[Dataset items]
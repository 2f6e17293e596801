-- ===== src/Update/Unharmed.antt =====
-- `TryUpdateAndInstall` as a whole: when the installed plugin changes, and into what.
use native.Mathlib.Decide.{ℕ_discrete}
use patchwork.Prelude.{Option}
use patchwork.Prelude.{
  ℕ, ◌<◌, ◌≡◌, ◌≢◌, refl, sym, ◌∙◌, ◌⊎◌, inl, inr, String, Bool-cases, some, List, length, take, ap,
  arith,
}
use patchwork.FileSystem.Disk.{Disk}
use patchwork.Http.{Sha256, HttpTransaction}
use patchwork.Http.Download.{Response}
use patchwork.Update.{
  Platform, StackFrame, Headers, download_path, install_path, size_64k, read_headers,
  download_update, finish_update, try_update_and_install,
}
use patchwork.Update.Hash.{Matches}
use patchwork.Update.Keeps.{Keeps}
use patchwork.Update.Verified.{IsVerified, IsReadable, HasFailed, KeepsDownload}
use patchwork.Update.Outcome.{whole, headers, sent, IsUpdated, download_update-IsUpdated}
use patchwork.Update.Installed.{
  KeepsInstalled, IsFinished, finish_update-IsFinished, download-ne-install,
}

module _ {W : Type 0} (p : Platform W) (sha : Sha256) (disk : Disk p.fs)
    (response : Response p.fs disk p.http sha) where
  open disk use {file}

  abbrev download_kept : Keeps p sha disk download_path → KeepsDownload p sha disk response
  download_kept kept = record {
    log_ln = kept.log_ln;
    destroy_transaction = kept.destroy_transaction;
    end = kept.end;
    destroy_client = kept.destroy_client;
  }

  abbrev installed_kept : Keeps p sha disk install_path → KeepsInstalled p sha disk
  installed_kept kept = record { log_ln = kept.log_ln; error_dialog = kept.error_dialog }

  read_headers-err-ne-one :
      (hash_header : Option (List ℕ)) (trans : HttpTransaction) (w : W)
      → (read_headers p sha hash_header trans w).err ≢ 1
  unfolding read_headers
  read_headers-err-ne-one hash_header trans w = ground arith

  module _ (keeps : Keeps p sha disk install_path) (keeps_download : Keeps p sha disk download_path)
      (fuel : ℕ) (frame : StackFrame) (url : List ℕ) (w : W) where
    -- The pool and the world when the download begins.
    abbrev pub began : ℕ × W
    began = p.sys_memory_allocate size_64k (p.sys_net_initialize_network w).1

    abbrev begun : W
    begun = began.1

    abbrev pool : ℕ
    pool = began.0

    abbrev Updated : Type 0
    Updated =
        IsUpdated p sha disk response (download_kept keeps_download) fuel frame pool size_64k url
          begun

    abbrev pub answer : List ℕ
    answer =
        whole p sha disk response (download_kept keeps_download) fuel frame pool size_64k url begun

    -- What the server has announced.
    abbrev pub announced : Headers p sha
    announced =
        headers p sha disk response (download_kept keeps_download) fuel frame pool size_64k url
          begun

    abbrev pub answer_status : ℕ
    answer_status =
        (sent p sha disk response (download_kept keeps_download) fuel frame pool size_64k url
          begun).0.status_code

    -- The download of the answer has failed.
    abbrev pub DownloadFailed : Type 0
    DownloadFailed =
        HasFailed p sha disk response fuel frame
          (sent p sha disk response (download_kept keeps_download) fuel frame pool size_64k url
            begun).0
          announced.world

    -- The plugin is the downloaded file, from its start, to the end or to a point. The hash that is
    -- announced is that of the buffer, which holds the digest of the answer, then in the file, or,
    -- if the download has failed, what was on the stack.
    pub record IsReplaced (err : ℕ) (world : W) : Type 0 where
      pub value : List ℕ
      pub is_announced : announced.value ≡ some value
      pub is_one : err ≡ 1
      pub downloaded : W
      pub hash : List ℕ
      pub hash_matches : Matches p.str_to_int value hash
      pub fetched :
          ((file downloaded download_path ≡ answer) × (hash ≡ sha.digest answer))
          ⊎ (DownloadFailed × (hash ≡ frame.hash_buf))
      pub count : ℕ
      pub content : file world install_path ≡ take count (file downloaded download_path)

    pub record IsTried : Type 0 where
      pub err : ℕ
      pub world : W
      pub returns : try_update_and_install p sha fuel frame url w ≡ some (err, world)
      pub outcome : (file world install_path ≡ file w install_path) ⊎ IsReplaced err world

    no_network : (p.sys_net_initialize_network w).0 ≡ 0 → IsTried
    unfolding try_update_and_install
    no_network e = record {
      err = 2;
      world = (p.sys_net_initialize_network w).1;
      returns = rw (e, try_update_and_install) refl;
      outcome = inl (keeps.initialize_network w);
    }

    abbrev closing : W → W
    closing v = p.sys_net_finalize_network (p.sys_memory_free pool v)

    returns_networked :
        (err : ℕ) (v : W)
        → (p.sys_net_initialize_network w).0 ≢ 0
        → download_update p sha fuel frame pool size_64k url begun ≡ some (err, v)
        → try_update_and_install p sha fuel frame url w ≡ finish_update p sha fuel err (closing v)
    unfolding try_update_and_install
    returns_networked err v on downloaded = ground (arith, downloaded)

    -- Only an answer 200 gives 1.
    one-IsVerified :
        (updated : Updated)
        → updated.err ≡ 1
        → (value : List ℕ) × (announced.value ≡ some value)
          × IsVerified p sha disk response frame value answer DownloadFailed updated.err
              updated.world
    one-IsVerified updated one =
        let request =
          (sent p sha disk response (download_kept keeps_download) fuel frame pool size_64k url
            begun).0 in
        elim (ℕ_discrete pool 0) [
          | yes e ↦ absurd (omega (arith, one, updated.no_pool (inl e)))
          | no has_pool ↦ elim (Bool-cases request.failed) [
            | inl e ↦ absurd (omega (arith, one, updated.not_sent e))
            | inr fine ↦ elim (ℕ_discrete request.status_code 200) [
              | yes e ↦ updated.found has_pool (λ z. absurd (omega arith)) fine e
              | no not_200 ↦ elim (ℕ_discrete request.status_code 204) [
                | yes e ↦ absurd (
                    omega
                      (arith, one, updated.no_content has_pool (λ z. absurd (omega arith)) fine e))
                | no not_204 ↦ absurd (
                    read_headers-err-ne-one frame.hash_header request _ (
                      sym (updated.other has_pool (λ z. absurd (omega arith)) fine not_200 not_204)
                      ∙ one))
              ]
            ]
          ]
        ]

    closing-file : (q : String) → Keeps p sha disk q → (v : W) → file (closing v) q ≡ file v q
    closing-file q kept v = kept.finalize_network (p.sys_memory_free pool v) ∙ kept.free pool v

    replaced :
        (updated : Updated) (world : W) (count : ℕ)
        → updated.err ≡ 1
        → file world install_path ≡ take count (file (closing updated.world) download_path)
        → IsReplaced updated.err world
    replaced updated world count one content =
        let (value, is_announced, verified) = one-IsVerified updated one in
        record {
          value = value;
          is_announced = is_announced;
          is_one = one;
          downloaded = updated.world;
          hash = verified.hash;
          hash_matches = elim verified.verdict [
            | inl (matches, _) ↦ matches
            | inr (_, two) ↦ absurd (omega (arith, one, two))
          ];
          fetched = verified.fetched;
          count = count;
          content =
              content ∙ ap (take count) (closing-file download_path keeps_download updated.world);
        }

    finished :
        (updated : Updated)
        → (p.sys_net_initialize_network w).0 ≢ 0
        → IsFinished p sha disk fuel updated.err (closing updated.world)
        → IsTried
    finished updated on done = record {
      err = updated.err;
      world = done.world;
      returns = returns_networked updated.err updated.world on updated.returns ∙ done.returns;
      outcome = elim done.installed [
        | inl same ↦ inl (
            same
            ∙ closing-file install_path keeps updated.world
            ∙ updated.others install_path (λ e. download-ne-install (sym e)) keeps
            ∙ keeps.allocate size_64k (p.sys_net_initialize_network w).1
            ∙ keeps.initialize_network w)
        | inr (one, (count, content)) ↦ inr (replaced updated done.world count one content)
      ];
    }

    pub try_update_and_install-IsTried :
        length answer < fuel
        → (answer_status ≡ 200 → IsReadable p sha disk response announced.value)
        → ((err : ℕ) (v : W)
            → download_update p sha fuel frame pool size_64k url begun ≡ some (err, v)
            → length (file v download_path) < fuel)
        → IsTried
    try_update_and_install-IsTried enough readable enough_after =
        elim (ℕ_discrete (p.sys_net_initialize_network w).0 0) [
          | yes off ↦ no_network off
          | no on ↦
              let updated =
                download_update-IsUpdated p sha disk response (download_kept keeps_download) fuel
                  frame pool size_64k url begun enough readable in
              let fits = enough_after updated.err updated.world updated.returns in
              let same = closing-file download_path keeps_download updated.world in
              finished updated on (
                finish_update-IsFinished p sha disk fuel updated.err (closing updated.world)
                  (installed_kept keeps) (omega (arith, fits, ap length same)))
        ]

● Problem to work on
If the string "plugin" appears in a line of the entries, report the line.

● Written reply
-- `TryUpdateAndInstall` as a whole: when the installed plugin changes, and into what.
    -- The plugin is the downloaded file, from its start, to the end or to a point. The hash that is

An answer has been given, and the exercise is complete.